**What to do:** Quote every entry word for word.

**Saved entries:**
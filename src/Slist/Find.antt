-- ===== src/Slist/Find.antt =====
-- The loop of slist.c that looks for a node and the one before it.
use freertos_addons.Prelude.{
  ℕ, zero, suc, ◌<◌, ◌≡◌, refl, inl, inr, true, false, List, [], ◌∷◌, ◌++◌, arith, length, has,
  last_of, Bool-cases, ◌==◌, if◌then◌else◌,
}
use freertos_addons.Machine.{ok}
use freertos_addons.Memory.{Ptr, null, Mem}
use freertos_addons.Memory.Path.{first_or, LinkedTo}
use freertos_addons.Slist.{Search, find_node}
use freertos_addons.Slist.Chain.{get_next_lem}

-- What the loop of SlInsertNodeBefore and SlRemoveNode finds among the nodes behind `prior`.
pub scan : (target prior : Ptr) → List Ptr → Search
scan target prior [] = record { found = false; prior = prior; current = null }
scan target prior (y ∷ ys) =
    if y == target then record { found = true; prior = prior; current = y } else scan target y ys

-- The loop ends, within as many rounds as there are nodes and one more, and changes nothing.
pub find_node_lem :
    (m : Mem) (target : Ptr) (fuel : ℕ) (p : Ptr) (ys : List Ptr)
    → has null ys ≡ false
    → LinkedTo m.sl_next ys null
    → length ys < fuel
    → find_node target fuel p (first_or ys null) m ≡ ok (scan target p ys) m
unfolding find_node scan
find_node_lem m target zero p ys w h enough = absurd (omega arith)
find_node_lem m target (suc k) p [] w h enough = refl
find_node_lem m target (suc k) p (y ∷ ys) w h enough =
    let test : (y == null) ≡ false = ground arith in
    elim (Bool-cases (y == target)) [
      | inl hit ↦ rw (test, hit) refl
      | inr miss ↦
          rw (test, miss, get_next_lem m {p = y} (ground arith) h.0)
            (find_node_lem m target k y ys (ground arith) h.1 (omega arith))
    ]

-- The node is found behind the last of those before it.
pub scan_hit :
    (target p : Ptr) (xs ys : List Ptr)
    → has target xs ≡ false
    → scan target p (xs ++ target ∷ ys)
      ≡ record { found = true; prior = last_of p xs; current = target }
unfolding scan
scan_hit target p [] ys new = ground arith
scan_hit target p (x ∷ xs) ys new =
    let miss : (x == target) ≡ false = ground arith in
    rw miss (scan_hit target x xs ys (ground arith))

pub scan_miss :
    (target p : Ptr) (ys : List Ptr) → has target ys ≡ false → (scan target p ys).found ≡ false
unfolding scan
scan_miss target p [] new = refl
scan_miss target p (y ∷ ys) new =
    let miss : (y == target) ≡ false = ground arith in
    rw miss (scan_miss target y ys (ground arith))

**Problem solution:**
filename src/Slist/Find.antt
-- ===== src/Slist/Find.antt =====
-- The loop of slist.c that looks for a node and the one before it.
use freertos_addons.Prelude.{
  ℕ, zero, suc, ◌<◌, ◌≡◌, refl, inl, inr, true, false, List, [], ◌∷◌, ◌++◌, arith, length, has,
  last_of, Bool-cases, ◌==◌, if◌then◌else◌,
}
use freertos_addons.Machine.{ok}
use freertos_addons.Memory.{Ptr, null, Mem}
use freertos_addons.Memory.Path.{first_or, LinkedTo}
use freertos_addons.Slist.{Search, find_node}
use freertos_addons.Slist.Chain.{get_next_lem}

-- What the loop of SlInsertNodeBefore and SlRemoveNode finds among the nodes behind `prior`.
pub scan : (target prior : Ptr) → List Ptr → Search
scan target prior [] = record { found = false; prior = prior; current = null }
scan target prior (y ∷ ys) =
    if y == target then record { found = true; prior = prior; current = y } else scan target y ys

-- The loop ends, within as many rounds as there are nodes and one more, and changes nothing.
pub find_node_lem :
    (m : Mem) (target : Ptr) (fuel : ℕ) (p : Ptr) (ys : List Ptr)
    → has null ys ≡ false
    → LinkedTo m.sl_next ys null
    → length ys < fuel
    → find_node target fuel p (first_or ys null) m ≡ ok (scan target p ys) m
unfolding find_node scan
find_node_lem m target zero p ys w h enough = absurd (omega arith)
find_node_lem m target (suc k) p [] w h enough = refl
find_node_lem m target (suc k) p (y ∷ ys) w h enough =
    let test : (y == null) ≡ false = ground arith in
    elim (Bool-cases (y == target)) [
      | inl hit ↦ rw (test, hit) refl
      | inr miss ↦
          rw (test, miss, get_next_lem m {p = y} (ground arith) h.0)
            (find_node_lem m target k y ys (ground arith) h.1 (omega arith))
    ]

-- The node is found behind the last of those before it.
pub scan_hit :
    (target p : Ptr) (xs ys : List Ptr)
    → has target xs ≡ false
    → scan target p (xs ++ target ∷ ys)
      ≡ record { found = true; prior = last_of p xs; current = target }
unfolding scan
scan_hit target p [] ys new = ground arith
scan_hit target p (x ∷ xs) ys new =
    let miss : (x == target) ≡ false = ground arith in
    rw miss (scan_hit target x xs ys (ground arith))

pub scan_miss :
    (target p : Ptr) (ys : List Ptr) → has target ys ≡ false → (scan target p ys).found ≡ false
unfolding scan
scan_miss target p [] new = refl
scan_miss target p (y ∷ ys) new =
    let miss : (y == target) ≡ false = ground arith in
    rw miss (scan_miss target y ys (ground arith))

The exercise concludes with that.